The poem opens with a description of the speaker praying for his innocent infant daughter, Anne, lying in the middle of a storm “howling, and half hid.” The poet demonstrates his feelings through the use of symbols of weather. The newborn baby girl is sleeping “Under this cradle-hood and coverlid,” implying the innocence and vulnerability of Anne. Though the external world is violent, she is protected from it. The storm is a metaphor for the Irish people’s struggle for their independence, which was an uncertain political situation in Yeats’s day. He further presents the situation of the storm with “roof-leveling wind”, representing turbulence, in the midst of which the poet has “walked and prayed for this young child an hour.” Intense and threatening forces surround her like a “flooded stream.” The poet symbolizes the sea thus: “Out of the murderous innocence of the sea.” Despite his apprehensions for his child in this turbulent world, he is hopeful for her.
The poet continues on to comment on his hopes for her beauty:“May she be granted beauty and yet not.” His vacillation is that beauty in women sometimes brings disasters. For example, some such people have a difficult time choosing the right person as a life partner, and neither they can “find a friend.” The speaker lays emphasis on the need for feminine innocence. The poet advances his argument in the next stanzas by citing examples of beautiful women such as Helen of Troy, whose beauty was said to be the cause of the Trojan War. By the end, the poet wants his daughter to be courteous, as love cannot come unconditionally and freely. She must earn love with good efforts and kind-heartedness, and she cannot win it by merely physical beauty because “Hearts are not had as a gift but hearts are earned.” Summing up his theme, the poet wishes his daughter to possess such qualities that could help her face the future years confidently and independently.
Structural Analysis
The poem is written in a lyric form containing ten stanzas with eight lines in each stanza. The poem follows a regular rhyme scheme, which is AABBCDDC as shown below:
I have walked and prayed for this young child an hour A
And heard the sea-wind scream upon the tower, A
And-under the arches of the bridge, and scream B
In the elms above the flooded stream; B
Imagining in excited reverie C
That the future years had come, D
Dancing to a frenzied drum, D
Out of the murderous innocence of the sea. C
The meter of this poem alternates between iambic pentameter and trochaic pentameter, as in “I have walked and prayed for this young child an hour / And heard the sea-wind scream upon the tower.” The poem is rich in literary devices such as symbolism, personification, paradox, sibilance, assonance, alliteration, and onomatopoeia. The line “murderous innocence of the sea” is an example of paradox. Sibilance is found in the words “sea-wind scream,” while “scream” is also an example of an onomatopoeia. The use of personification can be noted in the lines “future years … dancing”, which implies the transience of life. The poet uses symbols such as “sea wind” and “flooded stream” which denote turbulent forces at work. Alliteration is present in the phrase “be granted beauty.”
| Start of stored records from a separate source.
-- ===== src/Mib/Insert/Keeps.antt =====
-- What an insertion keeps: the order of the sub-identifiers, and the bounds of the arrays.
use smartsnmp.Base.{◌⊎◌}
use smartsnmp.Base.{◌<◌}
use smartsnmp.Mib.Insert.{sub_id_cnt}
use smartsnmp.Base.{ℕ, zero, suc, ◌≡◌, inl, inr}
use smartsnmp.Base.{List, [], ◌∷◌, some}
use smartsnmp.Mib.Node.{
  Node, group_node, instance_node, Subs, nil, cons, sub_ids, put_sub, set_ptr, mib_group_node_new,
}
use smartsnmp.Mib.Node.Spec.{find, find-IsTree, IsTree, IsForest}
use smartsnmp.Mib.Node.Arrays.{Ascends, Ascends-put_sub, sub_ids-set_ptr}
use smartsnmp.Mib.Node.Slots.{AtVacant, IsForest-Ascends}
use smartsnmp.Mib.Insert.{inserted, open_slot, room_for, mib_tree_instance_insert}
use smartsnmp.Mib.Insert.Steps.{
  open_slot_view, Ensures, Ensures-graft, Ensures-within, insert_step, insert_last, insert_deeper,
}

-- If `P` holds before, of the nodes on the path too, then `Q` holds after one round.
pub record Closed (F : Type 0) (P Q : Node → Type 0) : Type 0 where
  pub ordered : (room : ℕ) (s : Subs) → P (group_node room s) → IsForest s
  pub child : (room id : ℕ) (s : Subs) (n : Node) → P (group_node room s) → find id s ≡ some n → P n
  pub fresh : P mib_group_node_new
  pub leaf : (callback : ℕ) → Q (instance_node callback)
  pub set :
      (room i : ℕ) (s : Subs) (n : Node)
      → P (group_node room s)
      → Q n
      → Q (group_node room (set_ptr i n s))
  pub fits :
      (room id i : ℕ) (s : Subs)
      → P (group_node room s)
      → AtVacant s id (open_slot id s) i
      → (sub_id_cnt s < room_for room s) ⊎ F
  pub put :
      (room id i : ℕ) (s : Subs) (n : Node)
      → P (group_node room s)
      → Q n
      → AtVacant s id (open_slot id s) i
      → Q (group_node (room_for room s) (put_sub i id n s))

pub insert-Closed :
    (F : Type 0) (P Q : Node → Type 0) (oid : List ℕ) (callback : ℕ) (node : Node)
    → Closed F P Q
    → P node
    → Ensures F Q (mib_tree_instance_insert oid callback node)
insert-Closed F P Q [] callback node c h = unfold mib_tree_instance_insert in tt
insert-Closed F P Q (id ∷ oid) callback (instance_node k) c h =
    unfold mib_tree_instance_insert in tt
insert-Closed F P Q (id ∷ []) callback (group_node room s) c h =
    elim (open_slot_view id s (c.ordered room s h)) [
      | inl (i, n, at) ↦ rw (insert_step id [] callback room s i n at.is_found) (
          Ensures-graft F Q (λ n'. group_node room (set_ptr i n' s)) _
            (insert-Closed F P Q [] callback n c (c.child room id s n h at.in_spec))
            (λ n' q. c.set room i s n' h q))
      | inr (i, at) ↦ rw (insert_last id callback room s i at.is_vacant) (
          Ensures-within F Q room s _ (c.fits room id i s h at) (
            Ensures-graft F Q (λ n'. group_node (room_for room s) (put_sub i id n' s))
              (inserted (instance_node callback)) (c.leaf callback)
              (λ n' q. c.put room id i s n' h q at)))
    ]
insert-Closed F P Q (id ∷ x ∷ oid) callback (group_node room s) c h =
    elim (open_slot_view id s (c.ordered room s h)) [
      | inl (i, n, at) ↦ rw (insert_step id (x ∷ oid) callback room s i n at.is_found) (
          Ensures-graft F Q (λ n'. group_node room (set_ptr i n' s)) _
            (insert-Closed F P Q (x ∷ oid) callback n c (c.child room id s n h at.in_spec))
            (λ n' q. c.set room i s n' h q))
      | inr (i, at) ↦ rw (insert_deeper id x oid callback room s i at.is_vacant) (
          Ensures-within F Q room s _ (c.fits room id i s h at) (
            Ensures-graft F Q (λ n'. group_node (room_for room s) (put_sub i id n' s)) _
              (insert-Closed F P Q (x ∷ oid) callback mib_group_node_new c c.fresh)
              (λ n' q. c.put room id i s n' h q at)))
    ]

-- A change of one child.
pub IsForest-set_ptr :
    (i : ℕ) (s : Subs) (n : Node) → IsForest s → IsTree n → IsForest (set_ptr i n s)
unfolding set_ptr
IsForest-set_ptr i nil n h t = tt
IsForest-set_ptr zero (cons k m s) n h t = (h.0, t, h.2)
IsForest-set_ptr (suc i) (cons k m s) n h t =
    (rw (sub_ids-set_ptr i n s) h.0, h.1, IsForest-set_ptr i s n h.2 t)

-- The children are trees, whatever the order of their keys.
abbrev Trees : Subs → Type 0
Trees nil = Unit {0}
Trees (cons k n s) = IsTree n × Trees s

Trees-put_sub : (i id : ℕ) (s : Subs) (n : Node) → Trees s → IsTree n → Trees (put_sub i id n s)
unfolding put_sub
Trees-put_sub i id nil n h t = (t, tt)
Trees-put_sub zero id (cons k m s) n h t = (t, h)
Trees-put_sub (suc i) id (cons k m s) n h t = (h.0, Trees-put_sub i id s n h.1 t)

IsForest-Trees : (s : Subs) → IsForest s → Trees s
IsForest-Trees nil h = tt
IsForest-Trees (cons k n s) h = (h.1, IsForest-Trees s h.2)

Trees-IsForest : (s : Subs) → Ascends (sub_ids s) → Trees s → IsForest s
unfolding sub_ids
Trees-IsForest nil a h = tt
Trees-IsForest (cons k n s) a h = (a.0, h.0, Trees-IsForest s a.1 h.1)

IsTree-Closed : Closed (Unit {0}) IsTree IsTree
IsTree-Closed = record {
  ordered = λ room s h. h;
  child = λ room id s n h e. find-IsTree s id n h e;
  fresh = unfold mib_group_node_new in tt;
  leaf = λ callback. tt;
  set = λ room i s n h t. IsForest-set_ptr i s n h t;
  fits = λ room id i s h at. inr tt;
  put = λ room id i s n h t at.
      Trees-IsForest (put_sub i id n s)
        (Ascends-put_sub s i id n (IsForest-Ascends s h) at.below at.above at.inside)
        (Trees-put_sub i id s n (IsForest-Trees s h) t);
}

-- Every group stays sorted.
pub insert-IsTree :
    (oid : List ℕ) (callback : ℕ) (node : Node)
    → IsTree node
    → Ensures (Unit {0}) IsTree (mib_tree_instance_insert oid callback node)
insert-IsTree oid callback node h =
    insert-Closed (Unit {0}) IsTree IsTree oid callback node IsTree-Closed h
Guidance for Usage of Quotes
The poem is concerned with the chaotic modern world. It shows a father consumed with apprehension for his daughter’s future in an uncertain political situation. The father is tense about how he can possibly protect his daughter from the raging storm outside, because she is very beautiful. Therefore, he prays for her as well as gives advice about how to live successfully on earth. Similarly, modern-day fathers can send quotes from this poem to their daughters as a piece of advice for special occasions:
“In courtesy I’d have her chiefly learned;
Hearts are not had as a gift but hearts are earned
By those that are not entirely beautiful;
Yet many, that have played the fool
For beauty’s very self, has charm made wise,
And many a poor man that has roved,
Loved and thought himself beloved,
From a glad kindness cannot take his eyes.”